A Life in Black and White

am not your usual lady in the neighbourhood. i could be fun-loving and ambitions blazing, yet chilling with a good book in hand. loves audrey hepburn movies, lemon-lime-&-bitters, vintage anything and furniture. am not one effortlessly impressed. i see my goals, my dreams and the enjoyment would lie not merely in the success at the end of the road but in this journey of life. livin` it, lovin` it, keepin` it real. i travel alone, i travel light, in my 20`s - la vie est belle!

samedi, mai 28, 2005

stuff that dreams are made up of

I couldn't sleep last night. Was zombified till 4am. Don't know why. My lil piece of haven thinks it's crazy. Sure is. Now babe, what would I do without you?

I had a dream last night. First one in eons. Best part, I can hardly remember a thing. That scares me. Whenever I have dreams like these, they always come true in time.

Appraisal time's coming up in July. I'm not as worried as I'd imagined I would be. Granted I already have an idea what would be said. Well, I can't complain, everything has been going well...things have unexpectedly simply fallen into place. That's a good thing. Yet it's hard to buy the story even though, I've always been told by strangers alike that I'll have a blessed and prosperous life. I count my blessings everyday. I live it up, I live it right.

There's so much pain going on around me. So many broken relationships. The foggy mist surrounding it all will clear soon. My heart aches for the ones I care so much about. Every tear, every frown. What is this "va-va-vroom"? Do you believe in it? The perfect guy with 1:1 ratio of va-va-vroom and good guy qualities?
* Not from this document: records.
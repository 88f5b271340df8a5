-- ===== src/Store/Shutdown.antt =====
-- What a shutdown leaves of the registry.
use burner_redis.Prelude.{ℕ, ◌+◌, ◌≡◌, refl, true, false, none, List, [], ◌∷◌, arith, if◌then◌else◌}
use burner_redis.Prelude.Key.{among, same, nat_key, bytes_key}
use burner_redis.Map
use burner_redis.Map.{Map}
use burner_redis.Map.Laws.{get-remove, is_some}
use burner_redis.Value.{Bytes}
use burner_redis.Store.{Store, stop_each, shutdown}
use burner_redis.PubSub.{PubSubRegistry, ListenerStopHandle, stop_subscriber_listener}
use burner_redis.PubSub.Pairs.{Sound, heard}
use burner_redis.PubSub.Subscriptions.{stop_subscriber_listener_lem}

stopper_gone :
    (id j : ℕ) (r : PubSubRegistry)
    → Map.get j (stop_subscriber_listener id r).1.listener_stoppers
      ≡ (if same id j then none else Map.get j r.listener_stoppers)
unfolding stop_subscriber_listener
stopper_gone id j r = ground (arith, get-remove id j r.listener_stoppers)

stop_each_lem :
    (ids : List ℕ) (j : ℕ) (n : Bytes) (r : PubSubRegistry)
    → Sound r.channels
    → Sound r.patterns
    → (heard j n (stop_each ids r).channels ≡ (if among j ids then false else heard j n r.channels))
      × (heard j n (stop_each ids r).patterns
          ≡ (if among j ids then false else heard j n r.patterns))
      × (Map.get j (stop_each ids r).listener_stoppers
          ≡ (if among j ids then none else Map.get j r.listener_stoppers))
unfolding stop_each
stop_each_lem [] j n r c p = (refl, refl, refl)
stop_each_lem (id ∷ ids) j n r c p =
    let (heard_c, heard_p, c', p') = stop_subscriber_listener_lem id j n r c p in
    let (rest_c, rest_p, rest) = stop_each_lem ids j n (stop_subscriber_listener id r).1 c' p' in
    (
      ground (arith, heard_c, rest_c),
      ground (arith, heard_p, rest_p),
      ground (arith, rest, stopper_gone id j r),
    )

among-keys : (j : ℕ) (m : Map ℕ ListenerStopHandle) → among j (Map.keys m) ≡ is_some (Map.get j m)
unfolding Map.get
among-keys j [] = refl
among-keys j ((k, h) ∷ m) = ground (arith, among-keys j m)

-- A shutdown, on a registry whose maps are inverse to each other, sets the flag, wakes the waiters
-- of lists and streams once, leaves no listener registered, and a subscriber that had one hears
-- nothing any more; the others hear what they heard.
pub shutdown_lem :
    (s : Store) (j : ℕ) (n : Bytes)
    → Sound s.pubsub.channels
    → Sound s.pubsub.patterns
    → ((shutdown s).shutdown ≡ true)
      × ((shutdown s).list_notify ≡ s.list_notify + 1)
      × ((shutdown s).stream_notify ≡ s.stream_notify + 1)
      × (Map.get j (shutdown s).pubsub.listener_stoppers ≡ none)
      × (heard j n (shutdown s).pubsub.channels ≡ (
          if is_some (Map.get j s.pubsub.listener_stoppers)
          then false
          else heard j n s.pubsub.channels))
      × (heard j n (shutdown s).pubsub.patterns ≡ (
          if is_some (Map.get j s.pubsub.listener_stoppers)
          then false
          else heard j n s.pubsub.patterns))
unfolding shutdown
shutdown_lem s j n c p =
    let r = s.pubsub in
    let named = among-keys j r.listener_stoppers in
    let (heard_c, heard_p, gone) = stop_each_lem (Map.keys r.listener_stoppers) j n r c p in
    (
      refl,
      refl,
      refl,
      ground (arith, gone, named),
      ground (arith, heard_c, named),
      ground (arith, heard_p, named),
    )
Are there still 3 two-year block periods to find that One? I think not, unless of course getting married is unimportant and having kids is not a priority. Is it better to stay single than to settle for less? Or how about settling for someone just short of a tiny bit right now? Is there the luxury of time and choices alike to make the correct decision at this point in time? If one holds on to someone just short of a tiny bit, do we want to give it up in search of someone better or do we hold on to the one short of a tiny bit, just in case? Yet, it's not entirely fair when one knows that there's a high possiblity that marriage will not proceed if someone better comes along.

A thought, what if the One doesn't exist for some?

And so this pressing question remains, what is your own comfortable balance of factors? Perhaps mine would eventually be a stabilised ratio of 1:2. I value the va-va-vroom less. That's so hard to find. But I don't stop. I'm twirling around. I have found my higher end of the ratio.

To my posse, I hope you guys find yours.